Clause in “Submerged” Terms of Service Not Enforced

[Post by Venkat Balausbramani]

One often asked question is: “How should online terms be structured?” Should users be required to check the box saying that they agree to terms? Should the terms be linked on the bottom? Do courts impose some sort of obligation on the part of consumers to read the terms for websites they use?

The answer is that a website or online merchant should do everything it can in to preempt a plaintiff’s possible argument that “I didn’t agree to the terms because I did not read them.” If a website has some sort of registration process, the best thing to do is to require a user when they sign up to check the box saying that they have read and agree to the terms. This process should be “leakproof,” meaning that there should be no way for a user to navigate beyond the registration page without clicking on the “I agree” box. This is equally applicable to merchants.

If a website does not have a registration or transaction process and merely allows for browsing, the website should make sure its terms aren’t “buried.” The defendant in Hoffman v. Supplements Togo Mgmt. LLC, A-5022-09T3 (N.J. Ct. App.; May 13, 2011) did not take this approach, and as a result, the court found that a clause in the online terms requiring disputes to be brought and resolved in Nevada was presumptively unenforceable.

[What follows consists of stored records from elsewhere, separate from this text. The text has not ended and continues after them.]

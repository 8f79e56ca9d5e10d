-- ===== src/Barrier/Tests.antt =====
-- A round of two threads, and the theorems of the barrier after it.
use dv1580_a.Prelude.{◌*◌, ◌⊎◌, ℕ, ◌+◌, ◌<◌, ◌≤◌, ◌≡◌, refl, true, false, some, none, arith}
use dv1580_a.Machine.{write}
use dv1580_a.Barrier.{
  outside, System, arrive, Step, lock, last, wait, relock, unlock, start_of, Reach, here, next,
}
use dv1580_a.Barrier.Tally.{tally}
use dv1580_a.Barrier.Safety.{returns-le-arrivals, early_return}
use dv1580_a.Barrier.Destroy.{my_barrier_destroy, my_barrier_destroy-joined}
use dv1580_a.Barrier.Progress.{steps, no_starvation}

-- Thread 0 arrives and waits, thread 1 arrives last and returns, thread 0 returns.
round : (s : System) × Reach 2 false (start_of 2) s
unfolding arrive write
round = (
  _,
  next
      (next
        (next
          (next
            (next
              (next (next here (lock 0 (omega arith) refl refl)) (wait 0 (omega arith) refl refl))
              (lock 1 (omega arith) refl refl))
            (last 1 (omega arith) refl refl))
          (unlock 1 (omega arith) refl))
        (relock 0 (omega arith) refl refl))
      (unlock 0 (omega arith) refl),
)

round_returns : ((round.0.threads 0).returns ≡ 1) × ((round.0.threads 1).returns ≡ 1)
unfolding round arrive write
round_returns = (refl, refl)

returns-le-arrivals_example :
    ((round.0.threads 0).returns ≤ (round.0.threads 1).arrivals)
    × ((round.0.threads 0).arrivals ≤ (round.0.threads 1).arrivals + 1)
returns-le-arrivals_example =
    returns-le-arrivals (omega arith) round.1 0 1 (omega arith) (omega arith)

no_starvation_example :
    ((t : System) × Step 2 false round.0 t)
    × ((steps round.1 ≤ 2 * (4 * 0 + 3)) ⊎ (0 < (round.0.threads 1).arrivals))
no_starvation_example = no_starvation (omega arith) round.1 1 0 (omega arith)

early_return_example :
    (s : System) × Reach 3 true (start_of 3) s
    × ((s.threads 0).returns ≡ 1)
    × ((s.threads 1).arrivals ≡ 0)
    × (s.barrier.count ≡ 1)
    × (tally 3 s.threads ≡ 0)
early_return_example = early_return 3 (omega arith)

round_outside : (i : ℕ) → i < 2 → (round.0.threads i).pc ≡ outside
unfolding round arrive write
round_outside i lt = ground arith

my_barrier_destroy-joined_example :
    (my_barrier_destroy 2 round.0 ≡ some 0)
    × ((i j : ℕ) → i < 2 → j < 2 → (round.0.threads i).returns ≡ (round.0.threads j).returns)
my_barrier_destroy-joined_example = my_barrier_destroy-joined (omega arith) round.1 round_outside

-- Thread 1 has returned and thread 0 has the mutex again.
one_left : (s : System) × Reach 2 false (start_of 2) s
unfolding arrive write
one_left = (
  _,
  next
      (next
        (next
          (next (next (next here (lock 0 (omega arith) refl refl)) (wait 0 (omega arith) refl refl))
            (lock 1 (omega arith) refl refl))
          (last 1 (omega arith) refl refl))
        (unlock 1 (omega arith) refl))
      (relock 0 (omega arith) refl refl),
)

-- The first thread to return must not destroy the barrier.
destroyed_too_early :
    ((one_left.0.threads 1).returns ≡ 1) × (my_barrier_destroy 2 one_left.0 ≡ none)
unfolding one_left arrive write my_barrier_destroy
destroyed_too_early = (refl, refl)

The court’s opinion contains a fairly useful summary of the basic principles at play:

as . . . internet transactions have become more prevalent, so too have legal disputes proliferated over the contractual rights created in cyberspace between buyers and sellers. The present case exemplifies such a modern-day dispute, raising the question of whether the presentation of the forum selection clause on defendants’ website suffices, as a matter of law, to bind internet purchasers of defendants’ merchandise. To resolve that issue in this contemporary setting, we consult basic and long-standing principles of law and jurisdiction.

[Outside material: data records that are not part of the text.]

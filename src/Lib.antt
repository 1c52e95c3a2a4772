-- ===== src/Lib.antt =====
-- VisionRuntime, a C++ runtime for vision inference, and visionService, which exposes it to a user
-- interface: their data types, buffers, queues, executors and endpoints, with what makes them right.
--
-- Parts, from the repository's root, and the files that model them:
--   Runtime/include/core: Core.Status (status.hpp, result.hpp), Core.DataType (dataType.hpp,
--   device.hpp), Core.Shape and Core.Spec (tensorShape.hpp, tensorSpec.hpp), Core.Buffer
--   (tensorBuffer.hpp) and Core.Tensor (tensor.hpp). A tensor is a view of a buffer: an offset, a
--   shape and byte strides. `validateMetadata` is `validate_metadata`, its loops are `bytes_from`,
--   `count_from` and `strides_from`; sizes are 64-bit words and keep their wrap-around.
--   Runtime/include/vision: Vision.FrameSpec and Vision.Frame (frameSpec.hpp, frame.hpp).
--   Runtime/include/memory/detail/bufferPool.hpp: Memory.BufferPool. A lease is the index of its
--   slot; `act` is one locked section of one thread. The allocator is a parameter.
--   Runtime/include/common/boundedBlockingQueue.hpp: Common.BoundedQueue, the ring buffer with one
--   function per operation, and Common.BoundedQueue.Threads, where `tryPush` and `tryPop` are the
--   single reads and writes of two threads, which interleave. Atomics are sequentially consistent.
--   Runtime/include/executor: Executor.Task (taskHandle.hpp, executorTask.hpp) and Executor.Serial
--   (serialPipelineExecutor.hpp with core/completionDispatcher.hpp). Clients, the runner thread and
--   the delivery thread are events of `step`, in any order. The pipeline is a parameter. The
--   dispatcher's queue is a bounded FIFO list, which Common.BoundedQueue.Fifo has beside the ring buffer.
--   Executor.Staged has the entry queue and the stage threads that parallelPipelineExecutor.hpp and
--   batchPipelineExecutor.hpp share, Executor.Parallel the former and Executor.Batch the latter: each
--   thread's loop is a state that `move_…` advances by one step, and deadlines are events. Two threads
--   of the latter push to the dispatcher's queue for one producer, where values can get lost.
--   Runtime/src/camera/timedTriggerSource.cpp: Camera.Trigger, whose scheduling thread and camera
--   thread are events with the camera's answers.
--   Executor.Interface is iPipelineExecutor.hpp as operations with laws, which the serial executor
--   keeps (Executor.Interface.Serial); its clients are Executor.Frames (frameExecutor.hpp) and
--   Runtime.Cameras (Runtime/include/runtime/multiCameraSession.hpp), whose source threads, timer and
--   completion callbacks are events. The executor's `wait` returns at any time there: that it leaves
--   no task in hand is a hypothesis where it is needed.
--   Runtime/include/pipeline: Pipeline.Concat and Pipeline.Batch (batchTensors.hpp), the batch of the
--   inputs, with the memory as a function, and the split of its outputs, Pipeline.Packet
--   (pipelinePacket.hpp) and Pipeline.BusinessFrames (businessFramePool.hpp).
--   Service/include/endpoints and Service/src/endpoints: Service.Types, Service.Registry (maps and
--   registration), Service.Handlers (reads, writes, commands and snapshots), Service.Publishing
--   (subscriptions, publications and the dispatcher), Service.History (all changes as one type).
--   Handlers act on a world, and this world, doubles and callbacks are the parameter `Host`.
--   Service/include/session and Service/src/session/sessionController.cpp: Service.Session. Clients,
--   the control thread and the watch thread are events, which carry the session's answers. One client
--   calls `configure` and `start`, whose joins and launches stand outside of the lock.
--
-- Pointers are addresses, a shared pointer is the number of its allocation. A mutex makes each locked
-- section one step. Loops are structural recursions: no definition runs on fuel. The bounds below
-- 2^64 on the numbers of calls are those under which the counters of the code do not wrap around.
--
-- Not modelled: joins of threads outside `configure`, destructors, weak memory orders, the pipelines
-- and their OpenCV stages, camera drivers and the other sources, YAML input, inference plugins,
-- logging, and the user interface: these are glue to libraries and devices, or parts that stand on what is here.
pub mod Prelude
pub mod Core
pub mod Vision
pub mod Memory
pub mod Common
pub mod Pipeline
pub mod Camera
pub mod Executor
pub mod Runtime
pub mod Service
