-- ===== src/Camera.antt =====
-- Runtime/include/camera and Runtime/src/camera: the frame sources.
pub mod Trigger
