-- ===== src/Core/Status.antt =====
-- Runtime/include/core/status.hpp and Runtime/include/core/result.hpp.
use Prim.Native.String.{◌++◌}
use text.Mathlib.Text.{◌==◌ as str_eq}
use vision_runtime.Prelude.{
  String, Bool, true, false, if◌then◌else◌, ◌||◌, ◌≡◌, refl, ◌⊎◌, inl, inr,
}

pub data StatusCode : Type 0 where
  ok cancelled invalid_argument invalid_state not_found already_exists unsupported : StatusCode
  shape_mismatch resource_exhausted queue_full unavailable deadline_exceeded : StatusCode
  data_loss backend_error internal : StatusCode

unfoldable pub status_code_name : StatusCode → String
status_code_name ok = "Ok"
status_code_name cancelled = "Cancelled"
status_code_name invalid_argument = "InvalidArgument"
status_code_name invalid_state = "InvalidState"
status_code_name not_found = "NotFound"
status_code_name already_exists = "AlreadyExists"
status_code_name unsupported = "Unsupported"
status_code_name shape_mismatch = "ShapeMismatch"
status_code_name resource_exhausted = "ResourceExhausted"
status_code_name queue_full = "QueueFull"
status_code_name unavailable = "Unavailable"
status_code_name deadline_exceeded = "DeadlineExceeded"
status_code_name data_loss = "DataLoss"
status_code_name backend_error = "BackendError"
status_code_name internal = "Internal"

pub record Status : Type 0 where
  pub code : StatusCode
  pub message : String
  pub context : String

abbrev pub ok_status : Status
ok_status = record { code = ok; message = ""; context = "" }

-- The source's assertions on the code and the message state what a caller provides.
abbrev pub error : StatusCode → String → Status
error c m = record { code = c; message = m; context = "" }

abbrev pub is_ok_code : StatusCode → Bool
is_ok_code ok = true
is_ok_code _ = false

abbrev pub is_ok : Status → Bool
is_ok s = is_ok_code s.code

abbrev pub is_empty : String → Bool
is_empty s = str_eq s ""

unfoldable pub prepend_context : Status → String → Status
prepend_context s c =
    if is_ok s || is_empty c
    then s
    else if is_empty s.context
    then record s { context = c }
    else record s { context = (c ++ ": ") ++ s.context }

unfoldable pub with_context : Status → String → Status
unfolding prepend_context
with_context s c = prepend_context s c

unfoldable pub to_string : Status → String
unfolding status_code_name
to_string s =
    if is_ok s
    then status_code_name s.code
    else if is_empty s.context
    then (status_code_name s.code ++ ": ") ++ s.message
    else (((status_code_name s.code ++ ": ") ++ s.context) ++ ": ") ++ s.message

-- `Result<T>`: a value or a failed status. `Result<void>` is `Result (Unit {0})`.
pub data Result {ℓ} (A : Type ℓ) : Type ℓ where
  success : A → Result A
  failure : Status → Result A

abbrev pub has_value {ℓ} : {A : Type ℓ} → Result A → Bool
has_value (success a) = true
has_value (failure s) = false

abbrev pub status {ℓ} : {A : Type ℓ} → Result A → Status
status (success a) = ok_status
status (failure s) = s

-- `if (!r) return failure(r.status());` followed by the rest.
infixl 5 ◌>>=◌ ◌>>◌
abbrev pub ◌>>=◌ {ℓ κ} : {A : Type ℓ} {B : Type κ} → Result A → (A → Result B) → Result B
success a >>= f = f a
failure s >>= f = failure s

abbrev pub ◌>>◌ {ℓ} : {B : Type ℓ} → Result (Unit {0}) → Result B → Result B
m >> k = m >>= λ _. k

-- `if (bad) return failure(...)`.
abbrev pub reject_if : Bool → Status → Result (Unit {0})
reject_if true s = failure s
reject_if false s = success tt

pub Result-cases {ℓ} :
    {A : Type ℓ} (r : Result A) → ((a : A) × (r ≡ success a)) ⊎ ((s : Status) × (r ≡ failure s))
Result-cases (success a) = inl (a, refl)
Result-cases (failure s) = inr (s, refl)

-- Inversion of a successful chain.
pub >>=-eq-success {ℓ κ} :
    {A : Type ℓ} {B : Type κ} (m : Result A) (f : A → Result B) {b : B}
    → (m >>= f) ≡ success b
    → (a : A) × (m ≡ success a) × (f a ≡ success b)
>>=-eq-success (success a) f h = (a, refl, h)
>>=-eq-success (failure s) f h = cc

pub reject_if-eq-success :
    (b : Bool) (s : Status) {u : Unit {0}} → reject_if b s ≡ success u → b ≡ false
reject_if-eq-success true s h = cc
reject_if-eq-success false s h = refl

The court notes that in order to be bound by a forum selection clause (or any other online contractual term), “there must have been a meeting of minds of the parties.” Forum selection clauses are enforceable when they are presented “in a fair and forthright fashion.” Where the online consumer must view the contractual term in order to complete the transaction, the term will be valid and enforceable. There is no particular placement necessary for a forum selection clause; the only requirement is that the party, against whom the clause is sought to be enforced, must have “reasonable notice.” The court contrasted the clause in Caspi v. Microsoft, where the consumer had to click “I Agree” in order to complete the transaction, with Specht v. Netscape. In Specht, the online agreement contained an arbitration clause, but the clause “was located well below an icon inviting subscribers to download” the program. The Second Circuit found that the arbitration clause at issue in Specht was unenforceable because the plaintiffs were not provided “reasonable notice.” The court in this case also distinguishes between “clickwrap” agreements (where users manifest assent by clicking “I Agree”) with “browsewrap agreements, where the users ostensibly agree with online terms merely by browsing. The agreement in this case can be characterized as a browsewrap.

Here, the available evidence showed that consumers could complete the transaction without viewing the forum selection clause. In fact, the court found that:

the forum selection clause was unreasonably masked from the view of prospective purchasers because of its circuitous mode of presentation.

The court does not credit defendants’ argument that plaintiff should have reasonably looked into the applicable terms, and also does not take into account plaintiff’s sophistication or experience in determining that the forum selection clause was unreasonably buried. On the other hand, the court also rejects plaintiff’s argument that in order to be enforceable, the website had to have some affirmative manifestation of assent (other than completing the transaction). In the end, the court states that the forum selection clause is “presumptively unenforceable,” but also that defendants can overcome this presumption if they can show that plaintiff actually read and agreed to the terms.

There’s some question as to whether particular clauses need to be highlighted, and the court’s opinion here is not crystal clear as to whether forum selection clauses are more closely scrutinized in their presentation. (I think the answer is no, but there was some ambivalence in the court’s opinion.) At the end of the day, the key is to make sure that no clause is buried. If the agreement was presented in a leakproof fashion in this case, I’m not sure it would have mattered either way. The plaintiff was a lawyer, and the argument that “although I’m a lawyer I didn’t actually read the agreement” does not tend to resonate.